Importance: Referral to a neurologist and imaging play important roles in the management of laryngeal cleft. Swallowing involves a complex series of neuromuscular interactions, and aspiration can result from anatomical causes (eg, laryngeal cleft), neuromuscular disorders, or some combination thereof. To date, no protocols or guidelines exist to identify which patients with laryngeal cleft should undergo neuroimaging studies and/or consultation with a neurologist.
Objective: To establish guidelines for neurologic evaluation and imaging techniques to identify or rule out neuromuscular dysfunction in children with laryngeal cleft.
Design: Retrospective review of the medical records of 242 patients who were diagnosed with laryngeal cleft at a tertiary children's hospital between March 1, 1998, and July 6, 2015. Based on this review, an algorithm to guide management of laryngeal cleft is proposed.
Main Outcomes And Measures: Data extracted from patient medical records included the type of laryngeal cleft, details of neurologic referral, results of neuroimaging studies, and objective swallow study outcomes.
Results: Of the 242 patients, 142 were male and 100 were female. Mean age at the time of data analysis was 8.7 years (range, 10 months to 25 years), and there were 164 type I clefts, 64 type II, 13 type III, and 1 type IV. In all, 86 patients (35.5%) were referred to a neurologist; among these, 33 (38.4%) had examination findings indicative of neuromuscular dysfunction or dyscoordination (eg, hypotonia, spasticity, or weakness). Abnormal findings were identified in 32 of 50 patients (64.0%) who underwent brain imaging. Neurosurgical intervention was necessary in 3 patients diagnosed with Chiari malformation and in 1 patient with an intraventricular tumor detected on neuroimaging.

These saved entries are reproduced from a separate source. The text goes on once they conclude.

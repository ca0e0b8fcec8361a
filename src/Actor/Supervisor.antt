-- ===== src/Actor/Supervisor.antt =====
-- Supervisors, src/actor/supervisor.c. Actors are addresses, 0 for NULL. What a supervisor does to
-- other actors is in `effects`, the newest first: the bodies of `sta_actor_terminate`,
-- `sta_actor_send_msg` and `sta_vm_fire_event` are elsewhere. The clock's readings, the actor that
-- `restart_child` makes and the reason that `sta_symbol_intern` gives are arguments.
pub mod Intensity
pub mod Children
pub mod Failure
use smalltalk_a_vm.Prelude.{
  ℕ, zero, suc, ◌+◌, ◌-◌, ◌*◌, ◌%◌, ◌^◌, Bool, true, false, not, ◌&&◌, ◌||◌, Option, none, some,
  List, [], ◌∷◌, length, get_or, set, map, ltb, leb, ◌==◌, if◌then◌else◌,
}
use smalltalk_a_vm.Vm.Oop.{is_smallint, smallint_val, smallint_oop}

pub data RestartStrategy : Type 0 where
  restart : RestartStrategy
  stop : RestartStrategy
  escalate : RestartStrategy

pub record ChildSpec : Type 0 where
  pub behavior_class : ℕ
  pub strategy : RestartStrategy
  pub current_actor : ℕ
  pub current_actor_id : ℕ

pub record SupervisorData : Type 0 where
  pub children : List ChildSpec
  pub child_count : ℕ
  pub restart_count : ℕ
  pub window_start_ns : ℕ
  pub max_restarts : ℕ
  pub max_seconds : ℕ

pub data Effect : Type 0 where
  -- `actor->supervisor = NULL; sta_actor_terminate(actor)`
  terminated : ℕ → Effect
  -- `childFailed:reason:` to the parent.
  escalated : ℕ → ℕ → Effect
  crash_event : Effect

-- The supervisor's actor. `has_vm` and `is_root` are what `supervisor->vm` says.
pub record Supervisor : Type 0 where
  pub actor_id : ℕ
  pub has_parent : Bool
  pub is_root : Bool
  pub is_terminated : Bool
  pub sup_data : SupervisorData
  pub effects : List Effect

abbrev pub no_child : ChildSpec
no_child = record {
  behavior_class = 0;
  strategy = RestartStrategy.stop;
  current_actor = 0;
  current_actor_id = 0;
}

-- `sta_supervisor_init`, where `calloc` succeeds.
unfoldable pub init_data : ℕ → ℕ → SupervisorData
init_data max_restarts max_seconds = record {
  children = [];
  child_count = 0;
  restart_count = 0;
  window_start_ns = 0;
  max_restarts = max_restarts;
  max_seconds = max_seconds;
}

-- `sta_supervisor_add_child`, for the actor that was created.
unfoldable pub add_child : SupervisorData → ℕ → RestartStrategy → ℕ → ℕ → SupervisorData
add_child d behavior_class strategy actor actor_id = record d {
  children =
      record {
        behavior_class = behavior_class;
        strategy = strategy;
        current_actor = actor;
        current_actor_id = actor_id;
      }
      ∷ d.children;
  child_count = (d.child_count + 1) % 2 ^ 32;
}

-- `find_child_by_id`: the position of the spec.
unfoldable pub find_child_by_id : List ChildSpec → ℕ → Option ℕ
find_child_by_id [] actor_id = none
find_child_by_id (spec ∷ specs) actor_id =
    let rest = find_child_by_id specs actor_id in
    if spec.current_actor_id == actor_id
    then some 0
    else elim rest [ none ↦ none | some i ↦ some (suc i) ]

abbrev pub vacate : ChildSpec → ChildSpec
vacate spec = record spec { current_actor = 0; current_actor_id = 0 }

-- `terminate_all_children`
abbrev pub vacate_living : ChildSpec → ChildSpec
vacate_living spec = if spec.current_actor == 0 then spec else vacate spec

abbrev pub terminate : ℕ → List Effect → List Effect
terminate actor effects = if actor == 0 then effects else Effect.terminated actor ∷ effects

unfoldable pub terminate_each : List ChildSpec → List Effect → List Effect
terminate_each [] effects = effects
terminate_each (spec ∷ specs) effects = terminate_each specs (terminate spec.current_actor effects)

unfoldable pub terminate_all_children : Supervisor → Supervisor
terminate_all_children s = record s {
  sup_data = record s.sup_data { children = map vacate_living s.sup_data.children };
  effects = terminate_each s.sup_data.children s.effects;
}

unfoldable pub escalate_to_parent : Supervisor → ℕ → Supervisor
escalate_to_parent s reason =
    if s.has_parent
    then record s { effects = Effect.escalated (smallint_oop s.actor_id) reason ∷ s.effects }
    else s

-- The window of `check_intensity`: the data after the increment.
unfoldable pub count_restart : SupervisorData → ℕ → SupervisorData
count_restart d current =
    let first = if d.restart_count == 0 then record d { window_start_ns = current } else d in
    let elapsed = (current + (2 ^ 64 - first.window_start_ns)) % 2 ^ 64 in
    let window =
      if ltb (first.max_seconds * 1000000000) elapsed
      then record first { restart_count = 0; window_start_ns = current }
      else first in
    record window { restart_count = (window.restart_count + 1) % 2 ^ 32 }

abbrev pub exceeded : SupervisorData → Bool
exceeded d = ltb d.max_restarts d.restart_count

-- `check_intensity`: the supervisor, and whether 0 is returned.
unfoldable pub check_intensity : Supervisor → ℕ → ℕ → ℕ → Supervisor × Bool
check_intensity s current later reason =
    let counted = record s { sup_data = count_restart s.sup_data current } in
    if exceeded counted.sup_data
    then (if s.is_root
        then (
          record counted {
            sup_data = record counted.sup_data { restart_count = 0; window_start_ns = later };
            effects = Effect.crash_event ∷ counted.effects;
          },
          false,
        )
        else (
          record (escalate_to_parent (terminate_all_children counted) reason) {
            is_terminated = true;
          },
          false,
        ))
    else (counted, true)

-- The child's old actor is destroyed, and the spec gets the new one, 0 for none.
unfoldable pub replace_actor : Supervisor → ℕ → ℕ → ℕ → Supervisor
replace_actor s i actor actor_id =
    let spec = get_or s.sup_data.children i no_child in
    record s {
      sup_data = record s.sup_data {
        children =
            set s.sup_data.children i
              (record spec { current_actor = actor; current_actor_id = actor_id });
      };
      effects = terminate spec.current_actor s.effects;
    }

-- The `switch` of `sta_supervisor_handle_failure`; the Bool is whether 0 is returned.
unfoldable pub handle_child :
    Supervisor → ℕ → RestartStrategy → ℕ → ℕ → ℕ → ℕ → ℕ × ℕ → Supervisor × Bool
handle_child s i RestartStrategy.restart reason current later intensity_reason (actor, actor_id) =
    let (checked, allowed) = check_intensity s current later intensity_reason in
    if allowed
    then (replace_actor checked i actor (if actor == 0 then 0 else actor_id), not (actor == 0))
    else (checked, true)
handle_child s i RestartStrategy.stop reason current later intensity_reason created =
    (replace_actor s i 0 0, true)
handle_child s i RestartStrategy.escalate reason current later intensity_reason created =
    (escalate_to_parent (replace_actor s i 0 0) reason, true)

-- `sta_supervisor_handle_failure`: `args` are the child's id and the reason.
unfoldable pub handle_failure : Supervisor → List ℕ → ℕ → ℕ → ℕ → ℕ × ℕ → Supervisor × Bool
handle_failure s args current later intensity_reason created =
    let id_oop = get_or args 0 0 in
    if ltb (length args) 2 || not (is_smallint id_oop)
    then (s, false)
    else elim (find_child_by_id s.sup_data.children (smallint_val id_oop % 2 ^ 32)) [
      | none ↦ (s, true)
      | some i ↦
          let seen =
            if s.is_root then record s { effects = Effect.crash_event ∷ s.effects } else s in
          handle_child seen i (get_or s.sup_data.children i no_child).strategy (get_or args 1 0)
            current later intensity_reason created
    ]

Conclusions And Relevance: A substantial proportion of patients with laryngeal cleft have coexistent neuromuscular dysfunction as a likely contributing factor to dysphagia and aspiration. Collaboration with a neurologist and appropriate neuroimaging may provide diagnostic and prognostic information in this subset of patients. At times, imaging will identify critical congenital malformations that require surgical treatment.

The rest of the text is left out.